Collected data entries:
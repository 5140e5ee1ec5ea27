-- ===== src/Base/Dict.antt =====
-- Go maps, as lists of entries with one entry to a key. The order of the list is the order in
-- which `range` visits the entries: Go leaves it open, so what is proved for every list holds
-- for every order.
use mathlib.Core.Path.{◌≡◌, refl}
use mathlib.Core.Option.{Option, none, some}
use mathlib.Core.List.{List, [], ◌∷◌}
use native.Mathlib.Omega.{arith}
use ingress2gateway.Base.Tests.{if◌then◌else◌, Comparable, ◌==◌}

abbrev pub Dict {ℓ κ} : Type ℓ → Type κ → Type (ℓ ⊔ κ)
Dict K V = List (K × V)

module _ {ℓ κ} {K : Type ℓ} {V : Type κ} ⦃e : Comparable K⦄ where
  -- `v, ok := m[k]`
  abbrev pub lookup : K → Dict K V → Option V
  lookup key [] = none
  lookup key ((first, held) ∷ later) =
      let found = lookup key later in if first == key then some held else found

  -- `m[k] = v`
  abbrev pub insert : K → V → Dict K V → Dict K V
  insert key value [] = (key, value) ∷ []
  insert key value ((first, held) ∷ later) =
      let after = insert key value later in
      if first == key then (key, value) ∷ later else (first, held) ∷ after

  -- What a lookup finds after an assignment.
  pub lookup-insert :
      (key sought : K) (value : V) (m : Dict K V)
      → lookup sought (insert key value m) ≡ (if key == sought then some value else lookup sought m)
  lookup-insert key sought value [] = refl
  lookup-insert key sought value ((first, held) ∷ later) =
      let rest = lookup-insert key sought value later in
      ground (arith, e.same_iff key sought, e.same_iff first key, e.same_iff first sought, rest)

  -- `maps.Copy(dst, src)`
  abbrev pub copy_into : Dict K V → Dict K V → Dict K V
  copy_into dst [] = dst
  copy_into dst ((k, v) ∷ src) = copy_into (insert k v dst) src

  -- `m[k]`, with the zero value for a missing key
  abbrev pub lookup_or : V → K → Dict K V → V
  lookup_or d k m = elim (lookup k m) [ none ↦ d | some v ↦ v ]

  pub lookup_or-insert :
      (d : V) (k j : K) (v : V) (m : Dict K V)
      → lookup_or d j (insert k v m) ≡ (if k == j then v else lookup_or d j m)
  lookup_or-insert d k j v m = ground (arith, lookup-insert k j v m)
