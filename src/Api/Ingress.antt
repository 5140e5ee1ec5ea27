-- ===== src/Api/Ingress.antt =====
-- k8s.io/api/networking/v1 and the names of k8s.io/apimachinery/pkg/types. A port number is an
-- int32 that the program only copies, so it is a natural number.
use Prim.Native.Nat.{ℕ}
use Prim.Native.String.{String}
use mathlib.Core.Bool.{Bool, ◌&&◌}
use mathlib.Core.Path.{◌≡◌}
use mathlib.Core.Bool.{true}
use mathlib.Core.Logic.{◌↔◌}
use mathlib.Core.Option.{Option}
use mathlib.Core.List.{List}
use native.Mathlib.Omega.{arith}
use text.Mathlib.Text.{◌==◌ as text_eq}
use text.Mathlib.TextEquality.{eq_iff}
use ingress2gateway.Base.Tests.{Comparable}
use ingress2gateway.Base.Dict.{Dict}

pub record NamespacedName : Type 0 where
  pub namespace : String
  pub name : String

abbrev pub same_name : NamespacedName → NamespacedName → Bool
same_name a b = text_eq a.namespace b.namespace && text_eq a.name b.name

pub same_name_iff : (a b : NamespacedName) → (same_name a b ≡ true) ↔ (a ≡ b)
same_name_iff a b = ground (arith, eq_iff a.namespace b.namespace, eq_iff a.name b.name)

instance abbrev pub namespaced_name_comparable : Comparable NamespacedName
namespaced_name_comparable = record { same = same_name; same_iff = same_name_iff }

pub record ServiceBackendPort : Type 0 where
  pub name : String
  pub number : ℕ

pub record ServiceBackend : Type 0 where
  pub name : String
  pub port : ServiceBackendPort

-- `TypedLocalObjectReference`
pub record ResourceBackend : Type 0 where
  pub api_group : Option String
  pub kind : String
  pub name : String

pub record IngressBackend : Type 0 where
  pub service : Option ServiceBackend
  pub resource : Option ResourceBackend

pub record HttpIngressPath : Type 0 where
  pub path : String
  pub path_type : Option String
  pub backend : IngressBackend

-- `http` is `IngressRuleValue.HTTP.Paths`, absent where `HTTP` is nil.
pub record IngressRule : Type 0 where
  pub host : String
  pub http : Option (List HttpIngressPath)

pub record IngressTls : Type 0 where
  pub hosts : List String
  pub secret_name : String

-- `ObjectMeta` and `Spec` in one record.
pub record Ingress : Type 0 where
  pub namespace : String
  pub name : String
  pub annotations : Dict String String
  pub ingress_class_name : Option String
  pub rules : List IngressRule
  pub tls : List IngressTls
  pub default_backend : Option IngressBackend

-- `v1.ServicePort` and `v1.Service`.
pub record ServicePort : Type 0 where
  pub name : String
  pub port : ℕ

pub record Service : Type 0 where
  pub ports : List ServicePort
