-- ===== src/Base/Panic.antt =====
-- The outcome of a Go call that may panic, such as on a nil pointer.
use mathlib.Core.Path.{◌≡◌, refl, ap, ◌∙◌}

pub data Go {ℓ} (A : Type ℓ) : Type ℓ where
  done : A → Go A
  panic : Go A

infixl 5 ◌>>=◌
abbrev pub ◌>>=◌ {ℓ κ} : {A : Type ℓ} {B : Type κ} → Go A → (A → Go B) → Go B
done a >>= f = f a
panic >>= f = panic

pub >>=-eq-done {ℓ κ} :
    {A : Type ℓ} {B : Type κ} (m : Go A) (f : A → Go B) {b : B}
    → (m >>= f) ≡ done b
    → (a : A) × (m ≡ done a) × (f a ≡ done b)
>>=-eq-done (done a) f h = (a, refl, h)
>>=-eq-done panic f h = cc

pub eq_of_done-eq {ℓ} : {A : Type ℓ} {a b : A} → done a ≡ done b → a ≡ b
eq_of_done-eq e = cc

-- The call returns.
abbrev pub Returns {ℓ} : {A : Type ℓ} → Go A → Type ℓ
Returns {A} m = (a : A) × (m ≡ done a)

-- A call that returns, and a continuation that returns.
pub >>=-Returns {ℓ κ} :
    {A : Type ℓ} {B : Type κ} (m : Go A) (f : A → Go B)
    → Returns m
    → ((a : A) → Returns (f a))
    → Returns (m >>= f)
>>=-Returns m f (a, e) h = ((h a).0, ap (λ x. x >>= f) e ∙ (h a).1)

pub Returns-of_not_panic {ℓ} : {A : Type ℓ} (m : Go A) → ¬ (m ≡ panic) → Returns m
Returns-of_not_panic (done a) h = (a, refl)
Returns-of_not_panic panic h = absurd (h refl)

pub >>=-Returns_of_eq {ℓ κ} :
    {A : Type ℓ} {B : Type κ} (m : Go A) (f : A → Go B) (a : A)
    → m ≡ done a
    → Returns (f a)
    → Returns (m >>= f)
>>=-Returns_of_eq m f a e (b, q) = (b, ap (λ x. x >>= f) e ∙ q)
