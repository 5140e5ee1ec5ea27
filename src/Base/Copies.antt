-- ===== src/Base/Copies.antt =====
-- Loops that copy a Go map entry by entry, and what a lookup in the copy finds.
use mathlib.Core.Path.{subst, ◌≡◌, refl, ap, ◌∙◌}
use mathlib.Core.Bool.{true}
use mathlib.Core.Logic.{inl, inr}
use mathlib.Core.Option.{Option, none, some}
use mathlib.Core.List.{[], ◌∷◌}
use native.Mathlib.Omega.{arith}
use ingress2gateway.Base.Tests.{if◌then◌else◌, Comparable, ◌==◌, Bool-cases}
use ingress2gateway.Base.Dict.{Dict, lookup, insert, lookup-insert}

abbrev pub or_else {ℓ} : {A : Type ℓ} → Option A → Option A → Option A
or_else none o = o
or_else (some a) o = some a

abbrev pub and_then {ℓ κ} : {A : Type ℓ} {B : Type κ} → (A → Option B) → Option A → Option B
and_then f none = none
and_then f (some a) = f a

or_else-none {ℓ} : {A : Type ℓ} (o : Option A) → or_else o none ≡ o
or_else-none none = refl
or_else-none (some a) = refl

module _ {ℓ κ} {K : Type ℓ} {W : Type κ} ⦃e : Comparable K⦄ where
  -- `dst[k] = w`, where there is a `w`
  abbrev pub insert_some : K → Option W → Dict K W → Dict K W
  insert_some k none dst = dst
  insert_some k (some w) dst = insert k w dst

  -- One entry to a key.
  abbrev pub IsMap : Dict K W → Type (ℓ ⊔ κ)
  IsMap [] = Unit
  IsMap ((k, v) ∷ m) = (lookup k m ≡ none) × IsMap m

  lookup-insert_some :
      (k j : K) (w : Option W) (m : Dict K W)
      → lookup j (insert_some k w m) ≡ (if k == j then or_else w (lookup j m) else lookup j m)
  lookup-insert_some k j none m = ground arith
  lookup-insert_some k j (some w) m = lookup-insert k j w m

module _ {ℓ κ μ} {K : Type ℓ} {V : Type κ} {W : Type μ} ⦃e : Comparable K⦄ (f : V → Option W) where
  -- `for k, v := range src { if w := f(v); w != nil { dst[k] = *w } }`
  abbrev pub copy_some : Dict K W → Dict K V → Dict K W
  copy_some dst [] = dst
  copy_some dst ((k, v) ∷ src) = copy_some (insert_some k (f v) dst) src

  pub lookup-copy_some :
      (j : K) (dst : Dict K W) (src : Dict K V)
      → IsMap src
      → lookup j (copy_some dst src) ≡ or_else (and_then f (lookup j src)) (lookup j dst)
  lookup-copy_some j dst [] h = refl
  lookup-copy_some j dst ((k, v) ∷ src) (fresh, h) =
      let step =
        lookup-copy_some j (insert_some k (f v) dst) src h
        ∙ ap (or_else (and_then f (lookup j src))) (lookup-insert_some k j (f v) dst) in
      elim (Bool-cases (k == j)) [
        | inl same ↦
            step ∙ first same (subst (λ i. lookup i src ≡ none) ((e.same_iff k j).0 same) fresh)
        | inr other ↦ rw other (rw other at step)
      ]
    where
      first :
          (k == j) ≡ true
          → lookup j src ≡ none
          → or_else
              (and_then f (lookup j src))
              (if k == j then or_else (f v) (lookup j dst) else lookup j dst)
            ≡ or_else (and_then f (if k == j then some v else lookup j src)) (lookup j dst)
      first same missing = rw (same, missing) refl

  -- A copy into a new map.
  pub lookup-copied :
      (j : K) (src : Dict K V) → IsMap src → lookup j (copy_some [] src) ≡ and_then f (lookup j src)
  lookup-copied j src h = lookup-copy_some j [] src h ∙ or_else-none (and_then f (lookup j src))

:: WHAT YOU WILL DO ::
Beginning at the top of the data, extract each line through the line containing "(d : V) (k j : K)" and return those lines exactly, with nothing added.

:: RESPONSE TO THE EXERCISE ::
repository 5140e5ee1ec5ea27
-- ===== src/Base/Dict.antt =====
-- Go maps, as lists of entries with one entry to a key. The order of the list is the order in
-- which `range` visits the entries: Go leaves it open, so what is proved for every list holds
-- for every order.
use mathlib.Core.Path.{◌≡◌, refl}
use mathlib.Core.Option.{Option, none, some}
use mathlib.Core.List.{List, [], ◌∷◌}
use native.Mathlib.Omega.{arith}
use ingress2gateway.Base.Tests.{if◌then◌else◌, Comparable, ◌==◌}

abbrev pub Dict {ℓ κ} : Type ℓ → Type κ → Type (ℓ ⊔ κ)
Dict K V = List (K × V)

module _ {ℓ κ} {K : Type ℓ} {V : Type κ} ⦃e : Comparable K⦄ where
  -- `v, ok := m[k]`
  abbrev pub lookup : K → Dict K V → Option V
  lookup key [] = none
  lookup key ((first, held) ∷ later) =
      let found = lookup key later in if first == key then some held else found

  -- `m[k] = v`
  abbrev pub insert : K → V → Dict K V → Dict K V
  insert key value [] = (key, value) ∷ []
  insert key value ((first, held) ∷ later) =
      let after = insert key value later in
      if first == key then (key, value) ∷ later else (first, held) ∷ after

  -- What a lookup finds after an assignment.
  pub lookup-insert :
      (key sought : K) (value : V) (m : Dict K V)
      → lookup sought (insert key value m) ≡ (if key == sought then some value else lookup sought m)
  lookup-insert key sought value [] = refl
  lookup-insert key sought value ((first, held) ∷ later) =
      let rest = lookup-insert key sought value later in
      ground (arith, e.same_iff key sought, e.same_iff first key, e.same_iff first sought, rest)

  -- `maps.Copy(dst, src)`
  abbrev pub copy_into : Dict K V → Dict K V → Dict K V
  copy_into dst [] = dst
  copy_into dst ((k, v) ∷ src) = copy_into (insert k v dst) src

  -- `m[k]`, with the zero value for a missing key
  abbrev pub lookup_or : V → K → Dict K V → V
  lookup_or d k m = elim (lookup k m) [ none ↦ d | some v ↦ v ]

  pub lookup_or-insert :
      (d : V) (k j : K) (v : V) (m : Dict K V)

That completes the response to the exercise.